§ Task instructions: Within the entries below, find the portion that opens with the line containing "(k : AppName) (given done : List App)" and closes with the line containing "find_app-rev_append k (a". Retype that portion exactly and only.

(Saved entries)
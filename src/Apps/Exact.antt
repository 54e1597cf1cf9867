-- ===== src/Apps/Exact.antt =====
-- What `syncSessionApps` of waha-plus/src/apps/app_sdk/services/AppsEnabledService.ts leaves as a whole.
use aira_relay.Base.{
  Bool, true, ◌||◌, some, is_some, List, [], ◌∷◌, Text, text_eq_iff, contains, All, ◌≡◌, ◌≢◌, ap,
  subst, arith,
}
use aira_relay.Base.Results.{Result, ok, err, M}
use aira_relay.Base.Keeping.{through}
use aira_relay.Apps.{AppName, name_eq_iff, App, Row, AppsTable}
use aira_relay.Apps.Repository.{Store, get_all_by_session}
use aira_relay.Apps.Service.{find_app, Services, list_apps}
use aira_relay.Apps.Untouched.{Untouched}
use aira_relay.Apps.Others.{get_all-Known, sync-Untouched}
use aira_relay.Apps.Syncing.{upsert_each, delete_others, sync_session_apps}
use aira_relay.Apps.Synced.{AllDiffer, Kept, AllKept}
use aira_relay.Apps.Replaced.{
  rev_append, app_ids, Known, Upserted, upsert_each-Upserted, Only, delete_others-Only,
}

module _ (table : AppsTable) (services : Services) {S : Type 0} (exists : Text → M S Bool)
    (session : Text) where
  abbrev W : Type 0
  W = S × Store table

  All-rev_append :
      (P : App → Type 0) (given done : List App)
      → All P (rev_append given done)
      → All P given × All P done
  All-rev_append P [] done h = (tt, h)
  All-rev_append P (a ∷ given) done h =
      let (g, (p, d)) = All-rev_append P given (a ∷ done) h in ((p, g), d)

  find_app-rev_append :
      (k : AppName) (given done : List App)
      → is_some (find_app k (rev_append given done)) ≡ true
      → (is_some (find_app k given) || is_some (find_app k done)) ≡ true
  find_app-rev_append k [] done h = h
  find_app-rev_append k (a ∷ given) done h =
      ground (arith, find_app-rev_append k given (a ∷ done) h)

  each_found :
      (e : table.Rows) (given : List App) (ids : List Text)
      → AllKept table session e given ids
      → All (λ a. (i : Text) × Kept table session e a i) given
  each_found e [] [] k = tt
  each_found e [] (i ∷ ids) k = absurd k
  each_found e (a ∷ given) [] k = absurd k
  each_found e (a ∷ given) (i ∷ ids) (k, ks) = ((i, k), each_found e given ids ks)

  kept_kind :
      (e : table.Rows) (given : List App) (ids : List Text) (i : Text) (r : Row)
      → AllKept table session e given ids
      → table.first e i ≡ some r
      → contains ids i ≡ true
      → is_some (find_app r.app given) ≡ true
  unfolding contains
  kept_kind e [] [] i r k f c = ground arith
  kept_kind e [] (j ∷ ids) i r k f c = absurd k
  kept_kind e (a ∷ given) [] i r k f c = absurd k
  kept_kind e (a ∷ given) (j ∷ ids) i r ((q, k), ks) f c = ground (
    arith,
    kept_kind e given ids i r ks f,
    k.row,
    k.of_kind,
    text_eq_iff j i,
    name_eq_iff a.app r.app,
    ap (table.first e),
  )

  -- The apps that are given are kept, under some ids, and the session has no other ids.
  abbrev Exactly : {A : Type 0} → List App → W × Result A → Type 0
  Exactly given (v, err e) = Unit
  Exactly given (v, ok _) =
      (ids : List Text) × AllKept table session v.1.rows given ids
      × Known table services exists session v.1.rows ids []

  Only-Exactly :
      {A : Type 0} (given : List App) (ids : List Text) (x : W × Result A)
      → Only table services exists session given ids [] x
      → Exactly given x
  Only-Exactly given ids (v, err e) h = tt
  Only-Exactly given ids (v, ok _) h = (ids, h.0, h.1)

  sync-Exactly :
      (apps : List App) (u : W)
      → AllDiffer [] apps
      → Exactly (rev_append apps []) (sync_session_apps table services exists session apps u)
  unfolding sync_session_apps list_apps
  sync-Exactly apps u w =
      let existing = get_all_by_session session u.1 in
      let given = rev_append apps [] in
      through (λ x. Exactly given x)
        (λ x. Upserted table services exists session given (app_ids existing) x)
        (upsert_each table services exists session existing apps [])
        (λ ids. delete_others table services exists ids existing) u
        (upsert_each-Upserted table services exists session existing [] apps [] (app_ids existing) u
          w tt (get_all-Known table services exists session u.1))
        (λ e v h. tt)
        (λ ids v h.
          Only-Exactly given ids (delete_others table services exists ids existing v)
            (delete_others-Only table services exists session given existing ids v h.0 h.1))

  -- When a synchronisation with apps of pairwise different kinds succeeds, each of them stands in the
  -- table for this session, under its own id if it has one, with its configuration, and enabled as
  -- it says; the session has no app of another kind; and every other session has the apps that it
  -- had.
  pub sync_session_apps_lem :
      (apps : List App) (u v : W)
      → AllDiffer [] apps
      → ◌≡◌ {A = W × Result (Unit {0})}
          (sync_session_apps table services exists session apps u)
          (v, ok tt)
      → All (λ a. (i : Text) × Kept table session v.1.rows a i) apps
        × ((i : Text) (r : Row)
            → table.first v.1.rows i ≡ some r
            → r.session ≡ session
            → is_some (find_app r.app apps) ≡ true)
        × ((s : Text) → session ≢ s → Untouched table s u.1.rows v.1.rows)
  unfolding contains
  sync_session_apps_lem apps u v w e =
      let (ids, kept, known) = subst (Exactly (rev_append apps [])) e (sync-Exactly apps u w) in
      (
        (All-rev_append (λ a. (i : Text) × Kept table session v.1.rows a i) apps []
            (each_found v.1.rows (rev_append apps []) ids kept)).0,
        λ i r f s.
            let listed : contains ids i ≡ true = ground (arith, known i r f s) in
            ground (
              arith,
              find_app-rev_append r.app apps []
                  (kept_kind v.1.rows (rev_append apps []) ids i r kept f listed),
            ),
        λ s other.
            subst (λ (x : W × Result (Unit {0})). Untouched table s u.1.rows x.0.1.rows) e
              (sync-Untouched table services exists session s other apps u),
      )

§ Written answer:
      (k : AppName) (given done : List App)
      → is_some (find_app k (rev_append given done)) ≡ true
      → (is_some (find_app k given) || is_some (find_app k done)) ≡ true
  find_app-rev_append k [] done h = h
  find_app-rev_append k (a ∷ given) done h =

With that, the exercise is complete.